### What to do
Starting at the first line and ending at the last, repeat the material word for word.

*** Opening The records ***

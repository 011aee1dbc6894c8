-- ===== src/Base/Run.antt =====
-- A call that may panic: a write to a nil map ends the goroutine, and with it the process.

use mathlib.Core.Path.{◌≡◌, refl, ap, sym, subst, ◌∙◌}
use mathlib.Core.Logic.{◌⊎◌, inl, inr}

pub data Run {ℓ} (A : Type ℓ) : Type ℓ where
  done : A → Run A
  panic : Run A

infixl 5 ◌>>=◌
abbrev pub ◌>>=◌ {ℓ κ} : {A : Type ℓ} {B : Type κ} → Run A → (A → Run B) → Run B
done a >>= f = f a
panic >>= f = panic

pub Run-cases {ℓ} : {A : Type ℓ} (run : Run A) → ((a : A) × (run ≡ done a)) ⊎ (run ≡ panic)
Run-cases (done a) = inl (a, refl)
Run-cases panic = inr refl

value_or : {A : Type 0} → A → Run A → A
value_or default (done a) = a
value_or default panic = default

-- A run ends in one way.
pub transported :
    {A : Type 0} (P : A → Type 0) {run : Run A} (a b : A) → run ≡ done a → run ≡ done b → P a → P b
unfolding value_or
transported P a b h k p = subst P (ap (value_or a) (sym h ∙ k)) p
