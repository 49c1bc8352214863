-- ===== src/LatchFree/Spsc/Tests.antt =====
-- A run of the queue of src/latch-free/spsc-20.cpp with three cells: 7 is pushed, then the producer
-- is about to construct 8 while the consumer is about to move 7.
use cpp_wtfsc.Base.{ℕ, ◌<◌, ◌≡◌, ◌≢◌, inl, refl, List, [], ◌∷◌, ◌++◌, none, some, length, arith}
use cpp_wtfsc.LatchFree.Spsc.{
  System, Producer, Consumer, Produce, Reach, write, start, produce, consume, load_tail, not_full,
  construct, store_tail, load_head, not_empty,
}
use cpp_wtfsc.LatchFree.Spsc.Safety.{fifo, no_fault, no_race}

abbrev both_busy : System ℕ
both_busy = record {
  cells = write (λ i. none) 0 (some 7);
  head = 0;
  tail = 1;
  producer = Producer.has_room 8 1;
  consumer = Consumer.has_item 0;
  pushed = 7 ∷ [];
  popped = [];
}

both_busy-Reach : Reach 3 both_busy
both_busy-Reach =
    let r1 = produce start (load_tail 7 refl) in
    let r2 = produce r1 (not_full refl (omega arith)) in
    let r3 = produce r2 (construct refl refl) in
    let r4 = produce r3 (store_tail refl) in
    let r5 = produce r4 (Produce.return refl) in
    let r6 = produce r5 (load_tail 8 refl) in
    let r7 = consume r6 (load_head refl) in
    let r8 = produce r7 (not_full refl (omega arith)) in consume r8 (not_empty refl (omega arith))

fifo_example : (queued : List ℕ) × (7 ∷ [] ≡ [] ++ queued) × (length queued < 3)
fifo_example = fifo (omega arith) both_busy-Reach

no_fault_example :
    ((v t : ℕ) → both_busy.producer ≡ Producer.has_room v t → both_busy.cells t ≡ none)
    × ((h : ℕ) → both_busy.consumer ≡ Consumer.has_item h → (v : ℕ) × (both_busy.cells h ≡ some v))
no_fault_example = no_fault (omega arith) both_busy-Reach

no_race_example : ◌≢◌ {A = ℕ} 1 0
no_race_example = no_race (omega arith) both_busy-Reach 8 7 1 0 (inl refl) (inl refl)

*** Closing The records ***

### Solved exercise
repository 011aee1dbc6894c8
-- ===== src/Base/Run.antt =====
-- A call that may panic: a write to a nil map ends the goroutine, and with it the process.

use mathlib.Core.Path.{◌≡◌, refl, ap, sym, subst, ◌∙◌}
use mathlib.Core.Logic.{◌⊎◌, inl, inr}

pub data Run {ℓ} (A : Type ℓ) : Type ℓ where
  done : A → Run A
  panic : Run A

infixl 5 ◌>>=◌
abbrev pub ◌>>=◌ {ℓ κ} : {A : Type ℓ} {B : Type κ} → Run A → (A → Run B) → Run B
done a >>= f = f a
panic >>= f = panic

pub Run-cases {ℓ} : {A : Type ℓ} (run : Run A) → ((a : A) × (run ≡ done a)) ⊎ (run ≡ panic)
Run-cases (done a) = inl (a, refl)
Run-cases panic = inr refl

value_or : {A : Type 0} → A → Run A → A
value_or default (done a) = a
value_or default panic = default

-- A run ends in one way.
pub transported :
    {A : Type 0} (P : A → Type 0) {run : Run A} (a b : A) → run ≡ done a → run ≡ done b → P a → P b
unfolding value_or
transported P a b h k p = subst P (ap (value_or a) (sym h ∙ k)) p
repository 49c1bc8352214863
-- ===== src/LatchFree/Spsc/Tests.antt =====
-- A run of the queue of src/latch-free/spsc-20.cpp with three cells: 7 is pushed, then the producer
-- is about to construct 8 while the consumer is about to move 7.
use cpp_wtfsc.Base.{ℕ, ◌<◌, ◌≡◌, ◌≢◌, inl, refl, List, [], ◌∷◌, ◌++◌, none, some, length, arith}
use cpp_wtfsc.LatchFree.Spsc.{
  System, Producer, Consumer, Produce, Reach, write, start, produce, consume, load_tail, not_full,
  construct, store_tail, load_head, not_empty,
}
use cpp_wtfsc.LatchFree.Spsc.Safety.{fifo, no_fault, no_race}

abbrev both_busy : System ℕ
both_busy = record {
  cells = write (λ i. none) 0 (some 7);
  head = 0;
  tail = 1;
  producer = Producer.has_room 8 1;
  consumer = Consumer.has_item 0;
  pushed = 7 ∷ [];
  popped = [];
}

both_busy-Reach : Reach 3 both_busy
both_busy-Reach =
    let r1 = produce start (load_tail 7 refl) in
    let r2 = produce r1 (not_full refl (omega arith)) in
    let r3 = produce r2 (construct refl refl) in
    let r4 = produce r3 (store_tail refl) in
    let r5 = produce r4 (Produce.return refl) in
    let r6 = produce r5 (load_tail 8 refl) in
    let r7 = consume r6 (load_head refl) in
    let r8 = produce r7 (not_full refl (omega arith)) in consume r8 (not_empty refl (omega arith))

fifo_example : (queued : List ℕ) × (7 ∷ [] ≡ [] ++ queued) × (length queued < 3)
fifo_example = fifo (omega arith) both_busy-Reach

no_fault_example :
    ((v t : ℕ) → both_busy.producer ≡ Producer.has_room v t → both_busy.cells t ≡ none)
    × ((h : ℕ) → both_busy.consumer ≡ Consumer.has_item h → (v : ℕ) × (both_busy.cells h ≡ some v))
no_fault_example = no_fault (omega arith) both_busy-Reach

no_race_example : ◌≢◌ {A = ℕ} 1 0
no_race_example = no_race (omega arith) both_busy-Reach 8 7 1 0 (inl refl) (inl refl)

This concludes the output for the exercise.